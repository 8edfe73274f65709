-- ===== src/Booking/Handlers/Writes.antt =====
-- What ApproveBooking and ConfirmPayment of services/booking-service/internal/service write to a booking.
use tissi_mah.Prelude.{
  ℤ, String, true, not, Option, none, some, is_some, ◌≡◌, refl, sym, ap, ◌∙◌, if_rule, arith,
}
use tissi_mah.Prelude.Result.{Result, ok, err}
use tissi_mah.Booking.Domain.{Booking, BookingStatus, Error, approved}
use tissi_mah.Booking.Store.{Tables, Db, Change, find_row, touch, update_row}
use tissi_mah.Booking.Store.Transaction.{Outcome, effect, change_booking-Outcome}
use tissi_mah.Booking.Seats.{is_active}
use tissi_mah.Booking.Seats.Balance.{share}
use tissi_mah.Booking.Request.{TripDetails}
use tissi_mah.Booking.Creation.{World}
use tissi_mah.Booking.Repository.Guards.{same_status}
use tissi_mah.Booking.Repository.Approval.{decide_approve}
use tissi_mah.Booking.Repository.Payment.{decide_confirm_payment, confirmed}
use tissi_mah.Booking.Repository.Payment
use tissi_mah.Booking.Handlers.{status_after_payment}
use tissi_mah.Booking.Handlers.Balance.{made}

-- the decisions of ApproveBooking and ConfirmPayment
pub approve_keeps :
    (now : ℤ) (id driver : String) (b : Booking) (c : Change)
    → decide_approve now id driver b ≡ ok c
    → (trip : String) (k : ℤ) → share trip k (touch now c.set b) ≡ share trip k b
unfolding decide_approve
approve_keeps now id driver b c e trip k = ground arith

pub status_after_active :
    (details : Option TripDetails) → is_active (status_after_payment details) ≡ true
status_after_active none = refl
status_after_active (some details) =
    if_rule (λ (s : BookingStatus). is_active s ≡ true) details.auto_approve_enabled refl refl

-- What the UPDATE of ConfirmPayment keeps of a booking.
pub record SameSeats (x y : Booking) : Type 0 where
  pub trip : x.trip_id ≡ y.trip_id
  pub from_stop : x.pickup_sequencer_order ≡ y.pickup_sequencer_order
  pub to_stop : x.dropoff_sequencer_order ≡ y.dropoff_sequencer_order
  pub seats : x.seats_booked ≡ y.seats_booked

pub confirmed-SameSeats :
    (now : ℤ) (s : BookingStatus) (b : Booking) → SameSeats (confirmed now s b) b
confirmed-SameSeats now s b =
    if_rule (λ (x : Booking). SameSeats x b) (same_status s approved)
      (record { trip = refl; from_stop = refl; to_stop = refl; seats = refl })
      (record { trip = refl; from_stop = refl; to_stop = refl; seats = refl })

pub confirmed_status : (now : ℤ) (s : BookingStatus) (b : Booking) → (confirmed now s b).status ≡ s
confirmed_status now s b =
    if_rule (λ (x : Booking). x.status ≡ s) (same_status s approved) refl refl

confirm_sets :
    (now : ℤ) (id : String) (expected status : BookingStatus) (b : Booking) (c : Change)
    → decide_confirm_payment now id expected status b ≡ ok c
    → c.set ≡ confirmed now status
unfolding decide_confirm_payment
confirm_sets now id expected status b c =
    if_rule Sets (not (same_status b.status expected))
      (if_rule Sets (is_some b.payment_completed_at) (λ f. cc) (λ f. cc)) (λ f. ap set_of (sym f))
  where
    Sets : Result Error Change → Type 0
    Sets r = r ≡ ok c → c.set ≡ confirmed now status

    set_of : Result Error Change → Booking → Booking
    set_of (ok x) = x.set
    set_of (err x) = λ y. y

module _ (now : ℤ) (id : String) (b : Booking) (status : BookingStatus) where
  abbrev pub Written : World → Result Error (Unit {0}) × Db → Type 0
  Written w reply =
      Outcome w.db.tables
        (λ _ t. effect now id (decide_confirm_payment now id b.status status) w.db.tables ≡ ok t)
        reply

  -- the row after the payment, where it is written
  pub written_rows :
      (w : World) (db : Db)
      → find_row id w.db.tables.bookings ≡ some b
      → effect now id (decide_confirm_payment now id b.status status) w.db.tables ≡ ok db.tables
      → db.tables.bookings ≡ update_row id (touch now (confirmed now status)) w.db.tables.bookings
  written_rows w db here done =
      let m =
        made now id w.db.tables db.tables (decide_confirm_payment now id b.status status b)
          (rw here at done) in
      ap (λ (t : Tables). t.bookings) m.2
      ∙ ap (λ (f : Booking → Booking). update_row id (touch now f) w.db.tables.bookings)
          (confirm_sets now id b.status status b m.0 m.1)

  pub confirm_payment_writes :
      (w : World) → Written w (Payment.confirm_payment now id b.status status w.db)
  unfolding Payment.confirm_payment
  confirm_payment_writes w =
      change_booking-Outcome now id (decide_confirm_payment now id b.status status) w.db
• • • • •
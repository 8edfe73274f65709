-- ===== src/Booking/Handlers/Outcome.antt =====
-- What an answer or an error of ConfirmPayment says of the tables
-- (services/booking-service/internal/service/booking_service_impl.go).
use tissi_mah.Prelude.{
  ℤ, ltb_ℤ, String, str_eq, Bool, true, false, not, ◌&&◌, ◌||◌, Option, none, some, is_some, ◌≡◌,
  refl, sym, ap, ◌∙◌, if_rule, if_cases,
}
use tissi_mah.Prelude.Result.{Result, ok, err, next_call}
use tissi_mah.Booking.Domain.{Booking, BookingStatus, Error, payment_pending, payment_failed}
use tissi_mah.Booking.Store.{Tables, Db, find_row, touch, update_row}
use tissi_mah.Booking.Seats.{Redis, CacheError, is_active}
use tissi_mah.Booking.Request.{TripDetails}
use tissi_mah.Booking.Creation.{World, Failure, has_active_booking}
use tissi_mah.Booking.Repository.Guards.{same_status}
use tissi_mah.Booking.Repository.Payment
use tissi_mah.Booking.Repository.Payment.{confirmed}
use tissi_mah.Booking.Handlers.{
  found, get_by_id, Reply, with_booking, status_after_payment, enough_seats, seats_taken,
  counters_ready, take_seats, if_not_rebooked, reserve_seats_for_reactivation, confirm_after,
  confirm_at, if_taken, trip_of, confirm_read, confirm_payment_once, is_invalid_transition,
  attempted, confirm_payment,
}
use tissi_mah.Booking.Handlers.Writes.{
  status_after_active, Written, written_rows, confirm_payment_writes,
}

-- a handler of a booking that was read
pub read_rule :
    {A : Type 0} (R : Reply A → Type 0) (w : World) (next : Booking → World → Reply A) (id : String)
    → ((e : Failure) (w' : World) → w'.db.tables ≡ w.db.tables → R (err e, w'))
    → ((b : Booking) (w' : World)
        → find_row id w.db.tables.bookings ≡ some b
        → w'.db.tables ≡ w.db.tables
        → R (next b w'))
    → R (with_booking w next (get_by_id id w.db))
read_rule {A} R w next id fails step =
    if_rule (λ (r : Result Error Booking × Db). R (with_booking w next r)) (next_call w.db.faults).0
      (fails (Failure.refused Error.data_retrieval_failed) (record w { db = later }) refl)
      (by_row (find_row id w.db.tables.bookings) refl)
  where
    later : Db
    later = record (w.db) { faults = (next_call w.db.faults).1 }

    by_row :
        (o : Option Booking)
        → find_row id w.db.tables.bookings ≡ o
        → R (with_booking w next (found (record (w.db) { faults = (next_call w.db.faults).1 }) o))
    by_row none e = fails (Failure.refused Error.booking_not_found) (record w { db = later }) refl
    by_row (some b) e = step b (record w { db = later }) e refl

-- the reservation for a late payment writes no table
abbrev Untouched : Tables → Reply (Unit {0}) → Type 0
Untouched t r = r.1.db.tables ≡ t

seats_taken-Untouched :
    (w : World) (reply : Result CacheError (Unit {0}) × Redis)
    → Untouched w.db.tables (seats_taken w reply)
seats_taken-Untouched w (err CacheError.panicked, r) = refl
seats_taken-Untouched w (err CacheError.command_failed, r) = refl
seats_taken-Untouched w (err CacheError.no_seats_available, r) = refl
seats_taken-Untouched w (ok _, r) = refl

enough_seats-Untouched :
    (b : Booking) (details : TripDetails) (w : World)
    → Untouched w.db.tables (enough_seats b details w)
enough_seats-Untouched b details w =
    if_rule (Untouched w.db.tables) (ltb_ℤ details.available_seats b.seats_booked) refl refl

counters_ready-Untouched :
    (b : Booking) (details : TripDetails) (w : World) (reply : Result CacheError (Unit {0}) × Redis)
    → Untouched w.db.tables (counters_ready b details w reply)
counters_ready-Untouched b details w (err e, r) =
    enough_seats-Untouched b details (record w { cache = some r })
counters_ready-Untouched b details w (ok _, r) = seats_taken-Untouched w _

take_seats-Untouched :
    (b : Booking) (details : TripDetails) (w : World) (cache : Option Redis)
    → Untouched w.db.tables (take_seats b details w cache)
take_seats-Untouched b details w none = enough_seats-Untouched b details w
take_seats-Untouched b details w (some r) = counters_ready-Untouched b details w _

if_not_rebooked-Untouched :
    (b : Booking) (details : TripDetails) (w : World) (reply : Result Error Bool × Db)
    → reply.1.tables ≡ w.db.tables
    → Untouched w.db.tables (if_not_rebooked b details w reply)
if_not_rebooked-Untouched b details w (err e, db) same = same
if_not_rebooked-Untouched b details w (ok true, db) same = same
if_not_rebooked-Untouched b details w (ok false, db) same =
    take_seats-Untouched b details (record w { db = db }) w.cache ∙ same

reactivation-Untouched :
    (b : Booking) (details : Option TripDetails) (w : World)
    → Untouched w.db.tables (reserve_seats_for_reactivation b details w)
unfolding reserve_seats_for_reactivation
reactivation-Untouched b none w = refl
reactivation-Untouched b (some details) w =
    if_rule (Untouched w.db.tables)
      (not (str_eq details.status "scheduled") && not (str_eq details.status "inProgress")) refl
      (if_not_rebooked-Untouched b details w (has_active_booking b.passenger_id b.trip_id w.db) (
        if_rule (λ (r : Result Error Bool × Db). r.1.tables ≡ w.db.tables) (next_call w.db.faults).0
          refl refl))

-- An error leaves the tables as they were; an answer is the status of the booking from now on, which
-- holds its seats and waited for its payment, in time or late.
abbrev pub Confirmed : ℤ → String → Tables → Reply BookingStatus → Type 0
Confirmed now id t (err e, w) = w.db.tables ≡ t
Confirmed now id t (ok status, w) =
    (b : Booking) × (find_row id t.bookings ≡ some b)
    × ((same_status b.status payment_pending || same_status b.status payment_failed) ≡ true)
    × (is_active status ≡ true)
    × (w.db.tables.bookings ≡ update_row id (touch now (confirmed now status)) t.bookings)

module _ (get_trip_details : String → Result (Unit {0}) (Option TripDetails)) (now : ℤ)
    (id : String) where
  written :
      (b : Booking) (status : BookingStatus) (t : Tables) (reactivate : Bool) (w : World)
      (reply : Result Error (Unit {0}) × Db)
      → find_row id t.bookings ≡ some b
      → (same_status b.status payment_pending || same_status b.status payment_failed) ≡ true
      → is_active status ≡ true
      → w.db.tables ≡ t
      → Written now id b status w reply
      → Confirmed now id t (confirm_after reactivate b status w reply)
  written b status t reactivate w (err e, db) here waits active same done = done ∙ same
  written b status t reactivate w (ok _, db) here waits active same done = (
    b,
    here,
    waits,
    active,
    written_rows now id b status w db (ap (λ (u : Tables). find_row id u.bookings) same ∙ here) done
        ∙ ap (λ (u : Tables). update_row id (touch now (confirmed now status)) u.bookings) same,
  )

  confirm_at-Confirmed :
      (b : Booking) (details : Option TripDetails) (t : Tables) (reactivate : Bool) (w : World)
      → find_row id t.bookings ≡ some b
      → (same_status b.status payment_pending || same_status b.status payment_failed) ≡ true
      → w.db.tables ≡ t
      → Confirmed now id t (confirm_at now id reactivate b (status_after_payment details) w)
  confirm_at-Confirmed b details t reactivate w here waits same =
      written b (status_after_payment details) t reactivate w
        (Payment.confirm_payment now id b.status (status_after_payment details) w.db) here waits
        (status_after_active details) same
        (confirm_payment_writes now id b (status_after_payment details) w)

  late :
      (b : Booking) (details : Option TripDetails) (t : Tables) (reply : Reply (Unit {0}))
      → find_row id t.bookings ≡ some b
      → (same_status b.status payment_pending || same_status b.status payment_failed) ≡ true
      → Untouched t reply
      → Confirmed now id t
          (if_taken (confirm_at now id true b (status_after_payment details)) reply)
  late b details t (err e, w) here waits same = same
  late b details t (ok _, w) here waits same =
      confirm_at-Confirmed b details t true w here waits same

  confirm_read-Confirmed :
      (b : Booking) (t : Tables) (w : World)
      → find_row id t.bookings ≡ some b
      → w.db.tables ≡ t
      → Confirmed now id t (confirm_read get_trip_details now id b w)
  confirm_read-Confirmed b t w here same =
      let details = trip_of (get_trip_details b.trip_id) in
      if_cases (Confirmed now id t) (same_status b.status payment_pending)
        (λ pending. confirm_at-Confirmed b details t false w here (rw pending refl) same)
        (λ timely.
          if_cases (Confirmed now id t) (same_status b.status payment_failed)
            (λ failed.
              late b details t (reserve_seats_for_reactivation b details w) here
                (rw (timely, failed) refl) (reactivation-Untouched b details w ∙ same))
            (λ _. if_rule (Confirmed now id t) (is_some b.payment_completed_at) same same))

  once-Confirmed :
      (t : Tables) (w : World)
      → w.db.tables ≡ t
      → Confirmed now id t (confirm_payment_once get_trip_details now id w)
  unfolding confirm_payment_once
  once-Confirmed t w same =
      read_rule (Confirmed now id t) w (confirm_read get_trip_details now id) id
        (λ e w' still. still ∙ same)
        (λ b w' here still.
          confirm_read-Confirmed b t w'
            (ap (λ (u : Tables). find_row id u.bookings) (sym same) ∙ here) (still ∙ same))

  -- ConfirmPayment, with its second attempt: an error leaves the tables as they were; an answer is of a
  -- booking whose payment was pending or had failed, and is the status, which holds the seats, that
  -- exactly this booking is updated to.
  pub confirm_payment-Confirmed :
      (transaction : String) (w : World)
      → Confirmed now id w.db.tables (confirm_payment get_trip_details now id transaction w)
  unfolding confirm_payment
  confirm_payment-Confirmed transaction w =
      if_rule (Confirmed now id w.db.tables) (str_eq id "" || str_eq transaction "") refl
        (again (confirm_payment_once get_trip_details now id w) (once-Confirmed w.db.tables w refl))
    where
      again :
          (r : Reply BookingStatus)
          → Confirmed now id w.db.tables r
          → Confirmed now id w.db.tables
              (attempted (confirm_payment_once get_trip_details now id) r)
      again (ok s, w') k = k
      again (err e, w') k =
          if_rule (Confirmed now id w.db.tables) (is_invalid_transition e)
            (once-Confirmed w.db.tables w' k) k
• • • • •
→ Goal of the exercise: If a line of the data above contains "timely", copy it out.

→ Answer to this task:
        (λ timely.
                (rw (timely, failed) refl) (reactivation-Untouched b details w ∙ same))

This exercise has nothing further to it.